And aMSN uses the 6891 port, and is configured with the real IP. But, I still with no progress  :Sad: 

I think that it cannot be a port problem, since I can receive files normally...

Looking to Preferences form, there's a field at Advanced->Others tab, named TLS. Mine is empty... below it, is writed: "required for ssl autentication"

I don't know if I must fill it or not, but send files doesn't have something with SSL??? If yes, I really don't know the path, but I know that I've installed it in the default path XD

Any light???

----------

## blayster

Yeah, the problem can't be a port problem. I tryied without my router and the thing still does not working. And as I've already told, I used the file transfer some time ago with older versions of aMSN.
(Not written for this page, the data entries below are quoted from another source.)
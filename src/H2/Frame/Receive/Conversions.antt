-- ===== src/H2/Frame/Receive/Conversions.antt =====
-- Which frames `try_from` of each type can panic on.
use qhttp.Base.{
  ℕ, ◌≡◌, ◌≢◌, ◌≤◌, refl, false, List, [], ◌∷◌, some, arith, length, panic, inl, inr, slice-some,
  Option-cases, ◌*◌, ◌+◌, ◌^◌, Result-cases,
}
use qhttp.Base.U32
use qhttp.Base.U64
use qhttp.H2.Crates.{SettingsIdent, Crates, flag_ack, flag_padded, flag_priority}
use qhttp.H2.Settings.{SettingsFrame}
use qhttp.H2.Frame.{Frame}
use qhttp.H2.Frame.Data
use qhttp.H2.Frame.Headers
use qhttp.H2.Frame.Priority
use qhttp.H2.Frame.RstStream
use qhttp.H2.Frame.Settings
use qhttp.H2.Frame.Ping
use qhttp.H2.Frame.GoAway
use qhttp.H2.Frame.WindowUpdate

four_bytes : (bytes : List ℕ) → length bytes ≡ 4 → (n : ℕ) × (U32.from_be_bytes bytes ≡ some n)
four_bytes (a ∷ b ∷ c ∷ d ∷ []) h = (_, refl)
four_bytes [] h = absurd (omega arith)
four_bytes (a ∷ []) h = absurd (omega arith)
four_bytes (a ∷ b ∷ []) h = absurd (omega arith)
four_bytes (a ∷ b ∷ c ∷ []) h = absurd (omega arith)
four_bytes (a ∷ b ∷ c ∷ d ∷ e ∷ r) h = absurd (omega arith)

eight_bytes : (bytes : List ℕ) → length bytes ≡ 8 → (n : ℕ) × (U64.from_be_bytes bytes ≡ some n)
eight_bytes (a ∷ b ∷ c ∷ d ∷ e ∷ f ∷ g ∷ i ∷ []) h = (_, refl)
eight_bytes [] h = absurd (omega arith)
eight_bytes (a ∷ []) h = absurd (omega arith)
eight_bytes (a ∷ b ∷ []) h = absurd (omega arith)
eight_bytes (a ∷ b ∷ c ∷ []) h = absurd (omega arith)
eight_bytes (a ∷ b ∷ c ∷ d ∷ []) h = absurd (omega arith)
eight_bytes (a ∷ b ∷ c ∷ d ∷ e ∷ []) h = absurd (omega arith)
eight_bytes (a ∷ b ∷ c ∷ d ∷ e ∷ f ∷ []) h = absurd (omega arith)
eight_bytes (a ∷ b ∷ c ∷ d ∷ e ∷ f ∷ g ∷ []) h = absurd (omega arith)
eight_bytes (a ∷ b ∷ c ∷ d ∷ e ∷ f ∷ g ∷ i ∷ j ∷ r) h = absurd (omega arith)

priority_bytes-ne-panic : (bytes : List ℕ) → 5 ≤ length bytes → Priority.from_slice bytes ≢ panic
unfolding Priority.from_slice
priority_bytes-ne-panic (a ∷ b ∷ c ∷ d ∷ e ∷ r) h = ground arith
priority_bytes-ne-panic [] h = absurd (omega arith)
priority_bytes-ne-panic (a ∷ []) h = absurd (omega arith)
priority_bytes-ne-panic (a ∷ b ∷ []) h = absurd (omega arith)
priority_bytes-ne-panic (a ∷ b ∷ c ∷ []) h = absurd (omega arith)
priority_bytes-ne-panic (a ∷ b ∷ c ∷ d ∷ []) h = absurd (omega arith)

pub priority-ne-panic : (frame : Frame) → length frame.payload ≡ 5 → Priority.try_from frame ≢ panic
unfolding Priority.try_from
priority-ne-panic frame h = ground (arith, priority_bytes-ne-panic frame.payload (omega arith))

pub window_update-ne-panic :
    (frame : Frame) → length frame.payload ≡ 4 → WindowUpdate.try_from frame ≢ panic
unfolding WindowUpdate.try_from
window_update-ne-panic frame h =
    let (bytes, e, l) = slice-some frame.payload 0 4 (omega arith) (omega arith) in
    let (n, e') = four_bytes bytes l in ground arith

module _ (lib : Crates) where
  pub data-ne-panic : (frame : Frame) → Data.try_from lib frame ≢ panic
  unfolding Data.try_from
  data-ne-panic frame = ground arith

  pub rst_stream-ne-panic :
      (frame : Frame) → length frame.payload ≡ 4 → RstStream.try_from lib frame ≢ panic
  unfolding RstStream.try_from
  rst_stream-ne-panic frame h = ground (arith, four_bytes frame.payload h)

  pub ping-ne-panic : (frame : Frame) → length frame.payload ≡ 8 → Ping.try_from lib frame ≢ panic
  unfolding Ping.try_from
  ping-ne-panic frame h = ground (arith, eight_bytes frame.payload h)

  pub go_away-ne-panic :
      (frame : Frame) → 8 ≤ length frame.payload → GoAway.try_from lib frame ≢ panic
  unfolding GoAway.try_from
  go_away-ne-panic frame h =
      let (id_bytes, e, l) = slice-some frame.payload 0 4 (omega arith) (omega arith) in
      let (id, e') = four_bytes id_bytes l in
      let (code_bytes, f, k) = slice-some frame.payload 4 8 (omega arith) (omega arith) in
      let (code, f') = four_bytes code_bytes k in ground arith

  store_setting-ne-panic :
      (s : SettingsFrame) (ident : SettingsIdent) (value : ℕ)
      → Settings.store_setting s ident value ≢ panic
  unfolding Settings.store_setting
  store_setting-ne-panic s SettingsIdent.header_table_size value = ground arith
  store_setting-ne-panic s ident value = ground arith

  read_setting-ne-panic :
      (s : SettingsFrame) (a b c d e f : ℕ)
      → Settings.read_setting lib s (a ∷ b ∷ c ∷ d ∷ e ∷ f ∷ []) ≢ panic
  unfolding Settings.read_setting
  read_setting-ne-panic s a b c d e f =
      elim (Option-cases (lib.settings_ident.from (a * 2 ^ 8 + b))) [
        | inl x ↦ rw x (λ h. cc)
        | inr (ident, x) ↦ rw x (store_setting-ne-panic s ident _)
      ]

  read_settings-ne-panic :
      (payload : List ℕ) (s : SettingsFrame)
      → Settings.read_settings lib s (Settings.chunks_exact_6 payload) ≢ panic
  unfolding Settings.read_settings
  read_settings-ne-panic (a ∷ b ∷ c ∷ d ∷ e ∷ f ∷ rest) s =
      elim (Result-cases (Settings.read_setting lib s (a ∷ b ∷ c ∷ d ∷ e ∷ f ∷ []))
        (read_setting-ne-panic s a b c d e f)) [
          | inl (t, x) ↦ rw x (read_settings-ne-panic rest t)
          | inr (error, x) ↦ rw x (λ h. cc)
        ]
  read_settings-ne-panic [] s = λ h. cc
  read_settings-ne-panic payload s = λ h. cc

  pub settings-ne-panic : (frame : Frame) → Settings.try_from lib frame ≢ panic
  unfolding Settings.try_from
  settings-ne-panic frame = ground (
    arith,
    read_settings-ne-panic frame.payload
        (record Settings.default_frame { ack = lib.flags.contains frame.header.flags flag_ack }),
  )

  pub headers-ne-panic :
      (frame : Frame)
      → lib.flags.contains frame.header.flags flag_priority ≡ false
      → Headers.try_from lib frame ≢ panic
  unfolding Headers.try_from
  headers-ne-panic frame h = ground arith

  pub headers_priority-ne-panic :
      (frame : Frame)
      → lib.flags.contains frame.header.flags flag_padded ≡ false
      → 5 ≤ length frame.payload
      → Headers.try_from lib frame ≢ panic
  unfolding Headers.try_from
  headers_priority-ne-panic frame h k =
      let (bytes, e, l) = slice-some frame.payload 0 5 (omega arith) (omega arith) in
      ground (arith, priority_bytes-ne-panic bytes (omega arith))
Is this a aMSN-0.96-rc1 bug??

----------

## blayster

THX GOD!!!! I WAS RIGHT!!!

The damn TLS field must be filled. After this, the transfer work.

SOLVED!!!

----------

## paul555

Hi all i have the same problem with amsn after i upgraded to openssl-0.9.8c-r2.I filled the TLS field with  *Quote:*   

> /usr/lib/tls1.41

  but no luck.Any suggestions?

----------

## blayster

Well, for me set the path works fine. But I still cannot send file to some contacts. I don't know if it's have something to do with MSN, firewall, protocols or weather  :Razz: ...

Did you tried that things with router and firewall?

----------

## paul555

Yes i tried that things with a router but with the same configuration in my router until yesterday i could send files to any contact.

----------

## blayster

=/

Sorry, but I'm really n00b... but good look in your journey  :Razz: 

----------

## battistis

 *blayster wrote:*   

> THX GOD!!!! I WAS RIGHT!!!
> 
> The damn TLS field must be filled. After this, the transfer work.
> 
> SOLVED!!!

 

 what do you wrote inside this field???

----------

## Holysword

Fill this field with your tls path. Here is "/usr/lib/tls1.41"

----------

## battistis

 *Holysword wrote:*   

> Fill this field with your tls path. Here is "/usr/lib/tls1.41"

 

filled with /usr/lib/tls1.41

but che "amsn send file" still not work in my natted net   (fastwebnet.it)  :Crying or Very sad: 

----------